Le soluzioni migliori a volte
sono proprio quelle semplici.
...
L'inconscio personale è la
grande fabbrica delle idee, in cui risiedono tutte le soluzioni, se
sappiamo come accedervi.
Pensate
che Nikola Tesla,
uno dei geni più grandi del novecento e inventore della corrente
alternata, visualizzava le proprie invenzioni già costruite e
funzionanti nella propria mente, come per magia.
Ma da dove venivano tali
soluzioni? Proprio dal serbatoio dell'inconscio.

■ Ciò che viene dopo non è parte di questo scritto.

-- ===== src/Instance/Swap/Adjusted.antt =====
-- An adjustment of the swap size gives the boot disk what it takes from the swap disk.
use terraform_provider_linod.Prelude.Runs.{Every, Sure, Sure-done, Sure-fail, after, explained}
use terraform_provider_linod.Prelude.{
  ℕ, ◌+◌, ◌-◌, ◌≤◌, String, true, ◌≡◌, ◌≢◌, refl, sym, leb, some, List, [], ◌∷◌, Result, ok, err,
  arith,
}
use terraform_provider_linod.Instance.{Instance, Disk, list_instance_disks, Client, History}
use terraform_provider_linod.Instance.Swap.{
  find_disk_by_fs, new_boot_disk_size, grows, Change, resize_both, adjust_swap_size_if_needed,
}
use terraform_provider_linod.Instance.Swap.Fits.{
  SizeSemantics, Still, Reaches, step, ordered-Reaches,
}

module _ (client : Client) (i : Instance) (size_of : ℕ → History → ℕ)
    (semantics : SizeSemantics client i.id size_of) (boot swap : Disk) (old new : ℕ)
    (apart : boot.id ≢ swap.id) where
  abbrev Goal : {A : Type 0} → Result String A × History → Type 0
  Goal r =
      Reaches client i size_of semantics boot.id swap.id (boot.size + swap.size) apart
        (boot.size + swap.size - new) new r

  both-Reaches :
      (target_small : leb new (boot.size + old) ≡ true) (h : History)
      → swap.size ≡ old
      → Still client i size_of semantics boot.id swap.id
          (boot.size + swap.size)
          apart
          boot.size
          swap.size
          h
      → Goal (resize_both client i old new (some boot) (some swap) h)
  unfolding new_boot_disk_size grows
  both-Reaches fits h same still =
      rw (fits, sym same)
        (ordered-Reaches client i size_of semantics boot.id swap.id (boot.size + swap.size) apart
          boot swap boot.size swap.size (boot.size + swap.size - new) new refl refl (omega arith)
          (ground arith) _ h (ground arith) refl still)

  ok_inj :
      (found disks : List Disk)
      → ◌≡◌ {A = Result String (List Disk)} (ok found) (ok disks)
      → found ≡ disks
  ok_inj found disks e = cc

  sum_of :
      (k : History)
      → new ≤ boot.size + swap.size
      → size_of boot.id k ≡ boot.size + swap.size - new
      → size_of swap.id k ≡ new
      → size_of boot.id k + size_of swap.id k ≡ boot.size + swap.size
  sum_of k fits e f = omega (arith, fits, e, f)

  listed-Goal :
      (answer : Result String (List Disk)) (disks : List Disk) (h : History)
      → leb new (boot.size + old) ≡ true
      → swap.size ≡ old
      → answer ≡ ok disks
      → find_disk_by_fs disks "ext4" ≡ some boot
      → find_disk_by_fs disks "swap" ≡ some swap
      → Still client i size_of semantics boot.id swap.id
          (boot.size + swap.size)
          apart
          boot.size
          swap.size
          h
      → Goal (
          after
            (λ found.
              resize_both client i old new
                (find_disk_by_fs found "ext4")
                (find_disk_by_fs found "swap"))
            (explained "Error getting instance managed disks: " (answer, h)))
  unfolding after explained
  listed-Goal (ok found) disks h small same e f g still =
      let e' = ok_inj found disks e in rw (e', f, g) (both-Reaches small h same still)
  listed-Goal (err m) disks h small same e f g still = cc

  Goal-parts :
      {A : Type 0} (r : Result String A × History)
      → new ≤ boot.size + swap.size
      → Goal r
      → Every (λ c h. size_of boot.id (c ∷ h) + size_of swap.id (c ∷ h) ≤ boot.size + swap.size) r.1
        × Sure
            (λ v k.
              (size_of swap.id k ≡ new)
              × (size_of boot.id k + size_of swap.id k ≡ boot.size + swap.size))
            r
  Goal-parts (ok v, k) fits still =
      (still.1, Sure-done _ _ _ (still.0.1, sum_of k fits still.0.0 still.0.1))
  Goal-parts (err e, k) fits kept = (kept, Sure-fail _ _ _)

-- If a swap size changes from that of the swap disk to one that both disks together can hold, the API lists
-- a boot and a swap disk, with their sizes and of different identifiers, and keeps to the semantics of
-- sizes, then the two disks never have more together than before, wherever the adjustment fails, and if
-- it succeeds they have as much as before and the swap disk has the new size.
pub adjust_swap_size_if_needed_fits :
    (client : Client) (i : Instance) (size_of : ℕ → History → ℕ) (swap_size : Change ℕ)
    (disks : List Disk) (boot swap : Disk)
    → SizeSemantics client i.id size_of
    → client.answers_disks (list_instance_disks i.id) [] ≡ ok disks
    → find_disk_by_fs disks "ext4" ≡ some boot
    → find_disk_by_fs disks "swap" ≡ some swap
    → boot.id ≢ swap.id
    → size_of boot.id [] ≡ boot.size
    → size_of swap.id [] ≡ swap.size
    → swap_size.has_change ≡ true
    → swap.size ≡ swap_size.old
    → swap_size.new ≤ boot.size + swap_size.old
    → let r = adjust_swap_size_if_needed client i swap_size [] in
      Every (λ c h. size_of boot.id (c ∷ h) + size_of swap.id (c ∷ h) ≤ boot.size + swap.size) r.1
      × Sure
          (λ v k.
            (size_of swap.id k ≡ swap_size.new)
            × (size_of boot.id k + size_of swap.id k ≡ boot.size + swap.size))
          r
unfolding adjust_swap_size_if_needed
adjust_swap_size_if_needed_fits client i size_of swap_size disks boot swap semantics e f g apart
      start_boot start_swap changed same fits =
    rw changed (
      Goal-parts client i size_of semantics boot swap swap_size.old swap_size.new apart _
        (ground (arith, same, fits))
        (listed-Goal client i size_of semantics boot swap swap_size.old swap_size.new apart _ disks
          _ (ground (arith, fits)) same e f g
          (step client i size_of semantics boot.id swap.id (boot.size + swap.size) apart boot.size
            swap.size (list_instance_disks i.id) [] (omega arith) tt
            ((start_boot, start_swap), tt))))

Studiava con grande intensità
tutto il giorno, incamerando migliaia di nozioni e di idee poi,
quando l'inconscio era pronto, visualizzava le invenzioni rimettendo
a posto inconsapevolmente le tessere del puzzle.
È
una operazione che in piccolo possiamo fare anche noi quando ci
applichiamo intensamente su di un problema per risolverlo, poi
chiudiamo tutto, andiamo a dormire e il giorno dopo, magicamente, si
presenta la soluzione giusta (il Problem Solving di Bertrand
Russel).
Basta solo capire che bisogna
assumersi la volontà di risolvere le cose, tutto qui.
Ricapitoliamo:
- Saper osservare e accettare i propri stati emotivi
- Intervenire sul dialogo interno con frasi costruttive.
…
Altra cosa fondamentale è saper
osservare con attenzione le dinamiche di gruppo del Team.

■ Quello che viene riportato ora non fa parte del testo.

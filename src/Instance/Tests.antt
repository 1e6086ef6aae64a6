-- ===== src/Instance/Tests.antt =====
-- An API for one instance with two disks, runs against it, and the theorems at concrete inputs.
mod Operation
mod Configs
mod Placement
mod Swap
mod Update
use terraform_provider_linod.Prelude.Runs.{after, explained, Every}
use terraform_provider_linod.Prelude.{
  ℕ, String, Bool, true, false, ◌≡◌, refl, sym, ap, ◌≤◌, none, some, List, [], ◌∷◌, Result, ok, err,
  if◌then◌else◌, string_eq,
}
use terraform_provider_linod.Prelude.Dict.{get, put, has_key}
use terraform_provider_linod.Instance.{
  LinodeType, ConfigOptions, InstanceConfig, create_instance_config, update_instance_config, Status,
  offline, running, Instance, Disk, cold, Call, get_instance, wait_for_instance_status,
  boot_instance, shutdown_instance, Client, History, Ack,
}
use terraform_provider_linod.Instance.Semantics.{KeepsPower, PowerSemantics}
use terraform_provider_linod.Instance.Power.{
  handle_booted_update, wait_for_instance_non_transient_status, boot_instance_sync,
  shut_down_instance_sync, safe_shutdown_instance, ensure_instance_offline,
}
use terraform_provider_linod.Instance.Power.Reached.{
  handle_booted_update_reaches, safe_shutdown_instance_reaches,
}
use terraform_provider_linod.Instance.Configs.Labels.{AnswersLabels}
use terraform_provider_linod.Instance.Disks.{
  DiskSpec, index_disks, disk_specs_by_label, place_new, unplaced, get_instance_disk_spec_diffs,
  disk_options, get_instance_disks, create_instance_disk, change_instance_disk_size,
}
use terraform_provider_linod.Instance.Disks.Update.{
  check_present, delete_removed, update_existing, create_added, update_instance_disks,
}
use terraform_provider_linod.Instance.Disks.Partition.{get_instance_disk_spec_diffs_parts}
use terraform_provider_linod.Instance.Disks.Safety.{DeleteAllowed, update_instance_disks_deletes}
use terraform_provider_linod.Instance.Disks.Sizes.{
  ResizeAllowed, Confirmed, update_instance_disks_resizes, change_instance_disk_size_confirms,
}
use terraform_provider_linod.Instance.Resize.{TypeChange, apply_instance_type_change}
use terraform_provider_linod.Instance.Resize.Offline.{
  TypeAllowed, apply_instance_type_change_resizes,
}

-- The instance runs until it is shut down, and a wait lasts until its status is there.
abbrev pub status_after : History → Status
status_after [] = running
status_after (shutdown_instance n ∷ h) = offline
status_after (boot_instance n config ∷ h) = running
status_after (wait_for_instance_status n target ∷ h) = target
status_after (_ ∷ h) = status_after h

abbrev pub instance_in : Status → Instance
instance_in s = record { id = 1; status = s; disk_capacity = 100 }

abbrev pub boot_disk : Disk
boot_disk = record { id = 11; label = "boot"; size = 20; filesystem = "ext4" }

abbrev pub swap_disk : Disk
swap_disk = record { id = 12; label = "swap"; size = 5; filesystem = "swap" }

abbrev pub disks : List Disk
disks = boot_disk ∷ swap_disk ∷ []

abbrev answer_instance : Call → History → Result String Instance
answer_instance (get_instance n) h = ok (instance_in (status_after h))
answer_instance (wait_for_instance_status n target) h = ok (instance_in target)
answer_instance _ h = err "no instance"

-- The API answers with the config that it was sent.
abbrev config_of : ℕ → ConfigOptions → InstanceConfig
config_of id options = record {
  id = id;
  label = options.label;
  purposes = [];
  update_options = options;
}

abbrev plain_config : String → ConfigOptions
plain_config label = record {
  label = label;
  kernel = "";
  comments = "";
  virt_mode = "";
  run_level = "";
  memory_limit = 0;
  root_device = none;
  helpers = none;
  interfaces = none;
  devices = none;
}

abbrev pub configs : List InstanceConfig
configs = config_of 41 (plain_config "main") ∷ config_of 42 (plain_config "rescue") ∷ []

abbrev answer_config : Call → History → Result String InstanceConfig
answer_config (create_instance_config n options) h = ok (config_of 43 options)
answer_config (update_instance_config n id options) h = ok (config_of id options)
answer_config _ h = err "no config"

abbrev pub client : Client
client = record {
  acts = λ c h. ok tt;
  answers_instance = answer_instance;
  answers_disk = λ c h. ok (record { id = 11; label = "boot"; size = 30; filesystem = "ext4" });
  answers_disks = λ c h. ok disks;
  answers_volume = λ c h. ok (record { id = 31; linode_id = none });
  answers_config = answer_config;
  answers_configs = λ c h. ok configs;
  answers_type = λ c h. err "no type";
}

status_kept : (c : Call) (h : History) → KeepsPower c → status_after (c ∷ h) ≡ status_after h
status_kept (boot_instance n config) h k = absurd k
status_kept (shutdown_instance n) h k = absurd k
status_kept (wait_for_instance_status n s) h k = absurd k
status_kept _ h k = refl

pub semantics : PowerSemantics client 1 status_after
semantics = record {
  told = λ h i e.
      let same : instance_in (status_after h) ≡ i = cc in
      (ap (λ (x : Instance). x.status) (sym same), ap (λ (x : Instance). x.id) (sym same));
  waited = λ target h i e.
      let same : instance_in target ≡ i = cc in
      (ap (λ (x : Instance). x.status) (sym same), refl, ap (λ (x : Instance). x.id) (sym same));
  booted = λ config h a e. refl;
  stopped = λ h a e. refl;
  kept = status_kept;
}

pub answers_labels : AnswersLabels client
answers_labels = record {
  created = λ n options h config e.
      let same : config_of 43 options ≡ config = cc in
      ap (λ (c : InstanceConfig). c.label) (sym same);
  updated = λ n c options h config e.
      let same : config_of c options ≡ config = cc in
      ap (λ (c : InstanceConfig). c.label) (sym same);
}

abbrev spec_of : String → ℕ → String → DiskSpec
spec_of label size filesystem = record {
  label = label;
  size = size;
  filesystem = filesystem;
  image = none;
  root_pass = none;
  authorized_keys = none;
  authorized_users = none;
  stackscript_id = none;
  stackscript_data = none;
}

abbrev old_specs : List DiskSpec
old_specs = spec_of "boot" 20 "ext4" ∷ spec_of "swap" 5 "swap" ∷ []

abbrev new_specs : List DiskSpec
new_specs = spec_of "boot" 30 "ext4" ∷ spec_of "data" 10 "ext4" ∷ []

-- The line opens what a run computes with.
run_disks : List DiskSpec → List DiskSpec → Result String Bool × History
unfolding update_instance_disks get_instance_disks index_disks disk_specs_by_label place_new
    unplaced get_instance_disk_spec_diffs check_present delete_removed update_existing create_added
    create_instance_disk disk_options change_instance_disk_size after explained get put
run_disks old new = update_instance_disks client (ok "secret") (instance_in running) old new []

update_runs :
    (update_instance_disks client (ok "secret") (instance_in running) old_specs new_specs []).0
    ≡ ok true
unfolding run_disks
update_runs = refl

get_instance_disk_spec_diffs_parts_example :
    let old = disk_specs_by_label old_specs [] in
    let new = disk_specs_by_label new_specs [] in
    let diffs = get_instance_disk_spec_diffs old new in
    (get "boot" diffs.added ≡ (if has_key "boot" old then none else get "boot" new))
    × (get "boot" diffs.existing ≡ (if has_key "boot" old then get "boot" new else none))
    × (get "boot" diffs.removed ≡ (if has_key "boot" new then none else get "boot" old))
get_instance_disk_spec_diffs_parts_example =
    get_instance_disk_spec_diffs_parts (disk_specs_by_label old_specs [])
      (disk_specs_by_label new_specs []) "boot"

update_instance_disks_deletes_example :
    Every
      (λ c h. DeleteAllowed (instance_in running) disks old_specs new_specs c)
      (update_instance_disks client (ok "secret") (instance_in running) old_specs new_specs []).1
update_instance_disks_deletes_example =
    update_instance_disks_deletes client (ok "secret") (instance_in running) disks old_specs
      new_specs refl

update_instance_disks_resizes_example :
    Every
      (λ c h. ResizeAllowed (instance_in running) status_after c h)
      (update_instance_disks client (ok "secret") (instance_in running) old_specs new_specs []).1
update_instance_disks_resizes_example =
    update_instance_disks_resizes client (ok "secret") (instance_in running) status_after old_specs
      new_specs semantics

run_power : Bool → Result String Ack × History
unfolding handle_booted_update wait_for_instance_non_transient_status boot_instance_sync
    shut_down_instance_sync safe_shutdown_instance ensure_instance_offline after explained
run_power booted = handle_booted_update client (some booted) 1 2 []

handle_booted_update_reaches_example :
    status_after (handle_booted_update client (some false) 1 2 []).1 ≡ offline
unfolding run_power
handle_booted_update_reaches_example =
    handle_booted_update_reaches semantics false 2 []
      (handle_booted_update client (some false) 1 2 []).1 tt refl

abbrev larger : LinodeType
larger = record { id = "g6-standard-4"; disk_capacity = 160 }

abbrev change : TypeChange
change = record {
  resize_disk = true;
  migration_type = cold;
  explicit_disks = false;
  new_disks = [];
}

apply_instance_type_change_resizes_example :
    Every
      (λ c h. TypeAllowed (instance_in running) larger change status_after c h)
      (apply_instance_type_change client 3 change (instance_in running) larger []).1
apply_instance_type_change_resizes_example =
    apply_instance_type_change_resizes client 3 change (instance_in running) larger status_after
      semantics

Il neoassunto deve guardare con
attenzione le leggi non scritte che governano quel piccolo mondo
chiamato ufficio.
Chi è che comanda davvero il
Team? Come si comportano i migliori, chi sono? E i peggiori chi sono
e cosa fanno o non fanno?
Solo allora, ascoltando e non
“sparlando”, potrà capire a chi rivolgersi in caso di necessità.
Comprenderà che non tutti sono cattivi o opportunisti e che le brave
persone esistono ovunque.
Capirà che i più bravi, anche
se hanno caratterini difficili, hanno molto da insegnare e che
possono essere delle fonti professionali straordinarie.
Non bisogna mai chiudersi a
riccio rispetto al Team, bisogna comprenderne il linguaggio, le
dinamiche. Con il tempo e tanta pazienza è possibile capire molto.
Il senso di ostilità diffusa
viene ad essere sostituito dalla familiarità, dalla conoscenza
reciproca.
Allora cercare soluzioni insieme
al Team diventa possibile e anche soddisfacente dal punto di vista
umano e motivazionale.
Un
giorno il grande attore Jack
Nicholson,
noto per avere un carattere “complesso”, disse ad un regista:
“Io
non sono il problema, io sono la soluzione!”
Non tutti hanno la fortuna di
poter entrare in organizzazioni dove vige la cultura aziendale della
formazione continua.
Nei piccoli e medi studi
professionali spesso la crescita personale è una cosa completamente
sconosciuta e diventa difficile inserirsi in un ambito povero di
nozioni e strumenti.
Solo quando
voi imparerete ad essere autonomi
sul lavoro e a fornire le giuste soluzioni potrete diventare dei
fuoriclasse, ben pagati e autorevoli nel gruppo, purché siate
disposti a darvi da fare sul serio, senza attendere che altri
svolgano il vostro lavoro.
Quando il
capo vi carica di un lavoro che in realtà non vi compete dovreste
dirvi: “ok,
questa cosa non è affar mio, ma se imparo cose nuove sono più forte
e posso riciclare questa competenza in qualche modo. Può essere
un'occasione di crescita.”
Diventerete indispensabili e la
ditta non potrà più fare a meno di voi, ma sarete voi che
potrete fare ameno della ditta!
Amedeo F.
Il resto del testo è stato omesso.